Repeat the stretch of entries below from the line with "peers = add_items" through the line with "ports = (refl, refl, refl)". Include both ends and add nothing.

(Saved data entries)
-- Opening Marker --

-- ===== src/Servers/Tests.antt =====
-- An update of a server whose key changes, for go-susi/db/serverdb.go.
use limux_gosa.Base.{true, false, not, none, [], ◌∷◌, ◌++◌, take, keep, ◌≡◌, refl}
use limux_gosa.Base.Text.{Text, codes, text_eq}
use limux_gosa.Xml.Hash.{Hash, new_hash, add, get, field}
use limux_gosa.Xml.Db.{Db, new_db, add_items}
use limux_gosa.Xml.Db.Laws.{items_of}
use limux_gosa.Xml.Hash
use limux_gosa.Base.Text
use limux_gosa.Servers.Keys.{known_keys}
use limux_gosa.Servers.{has_colon, server_update, is_port_of}
use limux_gosa.Servers.Laws.{is_older, stored_server, server_update_lem}

-- The entry of one server, with this key.
abbrev peer : Text → Hash
peer key =
    add (add (new_hash (codes "xml") []) (codes "source") (codes "10.0.0.2:20081" ∷ []))
      (codes "key") (key ∷ [])

abbrev peers : Db
peers = add_items (new_db (codes "serverdb") true none) (peer (codes "old") ∷ [])

ports :
    (is_port_of (codes "10.0.0.2") (codes "10.0.0.2:20081") ≡ true)
    × (is_port_of (codes "10.0.0.2") (codes "10.0.0.2:") ≡ false)
    × (is_port_of (codes "10.0.0.2") (codes "10.0.0.21:1") ≡ false)
unfolding is_port_of text_eq
ports = (refl, refl, refl)

with_port : has_colon (field (peer (codes "new")) (codes "source")) ≡ true
unfolding has_colon field Hash.get add new_hash text_eq Hash.set_text
with_port = refl

old_key :
    known_keys (codes "source") (field (peer (codes "new")) (codes "source")) (items_of peers)
    ≡ codes "old" ∷ []
unfolding field Hash.get add new_hash text_eq Hash.set_text add_items Hash.clone Hash.children
    new_db Hash.add_clone Text.lower
old_key = refl

server_update_example :
    (items_of (server_update (peer (codes "new")) peers)
      ≡ keep (λ x. not (is_older (peer (codes "new")) x)) (items_of peers)
        ++ stored_server (peer (codes "new")) peers ∷ [])
    × (get (stored_server (peer (codes "new")) peers) (codes "key" ∷ [])
        ≡ get (peer (codes "new")) (codes "key" ∷ [])
          ++ take 1 (
              known_keys
                (codes "source")
                (field (peer (codes "new")) (codes "source"))
                (items_of peers)))
    × ((m : Text)
        → text_eq (codes "key") m ≡ false
        → get (stored_server (peer (codes "new")) peers) (m ∷ [])
          ≡ get (peer (codes "new")) (m ∷ []))
server_update_example = server_update_lem (peer (codes "new")) peers with_port
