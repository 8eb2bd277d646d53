-- ===== src/Tftp.antt =====
-- Package tftp of go-susi : the read-only TFTP server, go-susi/tftp/server.go, and the client,
-- go-susi/tftp/get.go.
pub mod Tests
pub mod Ack
pub mod Request
pub mod Transfer
pub mod Get
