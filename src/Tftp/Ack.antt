-- ===== src/Tftp/Ack.antt =====
-- `sendAndWaitForAck` of go-susi/tftp/server.go: one packet, sent again after each timeout, until it is
-- acknowledged. The network and the clock are the argument `rounds`: what happens after each send.
pub mod Laws
pub mod Once
use limux_gosa.Base.{
  ℕ, zero, suc, ◌+◌, Bool, true, false, not, ◌&&◌, ◌||◌, List, [], ◌∷◌, ◌++◌, ◌==◌, ltb, length,
  take, drop, if◌then◌else◌,
}
use limux_gosa.Base.Text.{Text}

-- One call of `ReadFromUDP`, or the passing of the deadline in front of it. A list of these that ends is a
-- timeout of the next read.
pub data Read : Type 0 where
  -- the sender's port, and the bytes
  packet : ℕ → Text → Read
  failed : Read
  expired : Read

-- What follows one `Write`.
pub record Round : Type 0 where
  pub write_ok : Bool
  pub reads : List Read

-- A packet that is written: the one that is to be acknowledged, or an ERROR with its code. The socket is
-- connected, so both go to the peer: `sendErrorWithoutLogging` does not use its `addr`.
pub data Sent : Type 0 where
  to_peer : Text → Sent
  error_packet : ℕ → Sent

pub record Counters : Type 0 where
  pub retransmissions : ℕ
  pub dups : ℕ
  pub strays : ℕ

-- `readbuf` has 4096 bytes, zero at first; bytes behind the end of the list are zero.
abbrev pub byte_at : Text → ℕ → ℕ
byte_at [] i = 0
byte_at (b ∷ bs) zero = b
byte_at (b ∷ bs) (suc i) = byte_at bs i

-- A read fills the front of the buffer, and leaves the rest.
abbrev pub fill : Text → Text → Text
fill bytes buf = bytes ++ drop (length bytes) buf

-- What `ReadFromUDP` delivers of a packet: as much as the buffer holds.
unfoldable pub received : Text → Text
received bytes = take 4096 bytes

pub data Reply : Type 0 where
  acked gave_up panicked resend : Reply

pub record Heard : Type 0 where
  pub reply : Reply
  pub buffer : Text
  pub counters : Counters
  pub errors : List Sent

unfoldable pub is_ack : Text → ℕ → Text → Bool
is_ack sent n buf =
    n == 4
    && byte_at buf 0 == 0
    && byte_at buf 1 == 4
    && (not (byte_at sent 1 == 3)
        || (byte_at buf 2 == byte_at sent 2 && byte_at buf 3 == byte_at sent 3))

abbrev pub same_block : Text → Text → Bool
same_block sent buf = byte_at buf 2 == byte_at sent 2 && byte_at buf 3 == byte_at sent 3

-- The inner loop: reading until there is an answer, or a timeout.
unfoldable pub listen : Text → ℕ → List Read → Text → Counters → Heard
listen sent peer [] buf k = record { reply = resend; buffer = buf; counters = k; errors = [] }
listen sent peer (expired ∷ rs) buf k = record {
  reply = gave_up;
  buffer = buf;
  counters = k;
  errors = [];
}
listen sent peer (failed ∷ rs) buf k = record {
  reply = gave_up;
  buffer = buf;
  counters = k;
  errors = [];
}
listen sent peer (packet from bytes ∷ rs) buf k =
    let read = received bytes in
    let n = length read in
    let buf' = fill read buf in
    let stray = listen sent peer rs buf' (record k { strays = k.strays + 1 }) in
    let dup = listen sent peer rs buf' (record k { dups = k.dups + 1 }) in
    if not (from == peer)
    then record stray { errors = error_packet 5 ∷ stray.errors }
    else if is_ack sent n buf'
    then record { reply = acked; buffer = buf'; counters = k; errors = [] }
    else if byte_at buf' 0 == 0 && byte_at buf' 1 == 5
    then record {
      -- the slice readbuf[4:n] of the log message
      reply = if ltb n 4 then panicked else gave_up;
      buffer = buf';
      counters = k;
      errors = [];
    }
    else if byte_at sent 1 == 3 && not (same_block sent buf')
    then dup
    else record { reply = gave_up; buffer = buf'; counters = k; errors = error_packet 0 ∷ [] }

pub record Result : Type 0 where
  pub reply : Reply
  pub counters : Counters
  pub wire : List Sent

-- After the inner loop: what goes on the wire in this round and, after a timeout, in the later ones.
conclude : Reply → Text → Heard → Result → Result
conclude resend sent heard again = record again {
  wire = to_peer sent ∷ (heard.errors ++ again.wire);
}
conclude reply sent heard again = record {
  reply = reply;
  counters = heard.counters;
  wire = to_peer sent ∷ heard.errors;
}

-- The outer loop; `k` counts the sends before this one. Where no round is left, the packet is sent once
-- more and the deadline has passed.
unfoldable pub send_rounds : Text → ℕ → List Round → Text → Counters → Result
unfolding conclude
send_rounds sent peer [] buf k = record { reply = gave_up; counters = k; wire = to_peer sent ∷ [] }
send_rounds sent peer (r ∷ rs) buf k =
    let heard = listen sent peer r.reads buf k in
    let again =
      send_rounds sent peer rs heard.buffer
        (record heard.counters { retransmissions = heard.counters.retransmissions + 1 }) in
    if not r.write_ok
    then record { reply = gave_up; counters = k; wire = [] }
    else conclude heard.reply sent heard again

-- `sendAndWaitForAck`
unfoldable pub send_and_wait : Text → ℕ → List Round → Counters → Result
unfolding send_rounds
send_and_wait sent peer rounds k = send_rounds sent peer rounds [] k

-- Closing Marker --

SOLVED EXERCISE:
peers = add_items (new_db (codes "serverdb") true none) (peer (codes "old") ∷ [])

ports :
    (is_port_of (codes "10.0.0.2") (codes "10.0.0.2:20081") ≡ true)
    × (is_port_of (codes "10.0.0.2") (codes "10.0.0.2:") ≡ false)
    × (is_port_of (codes "10.0.0.2") (codes "10.0.0.21:1") ≡ false)
unfolding is_port_of text_eq
ports = (refl, refl, refl)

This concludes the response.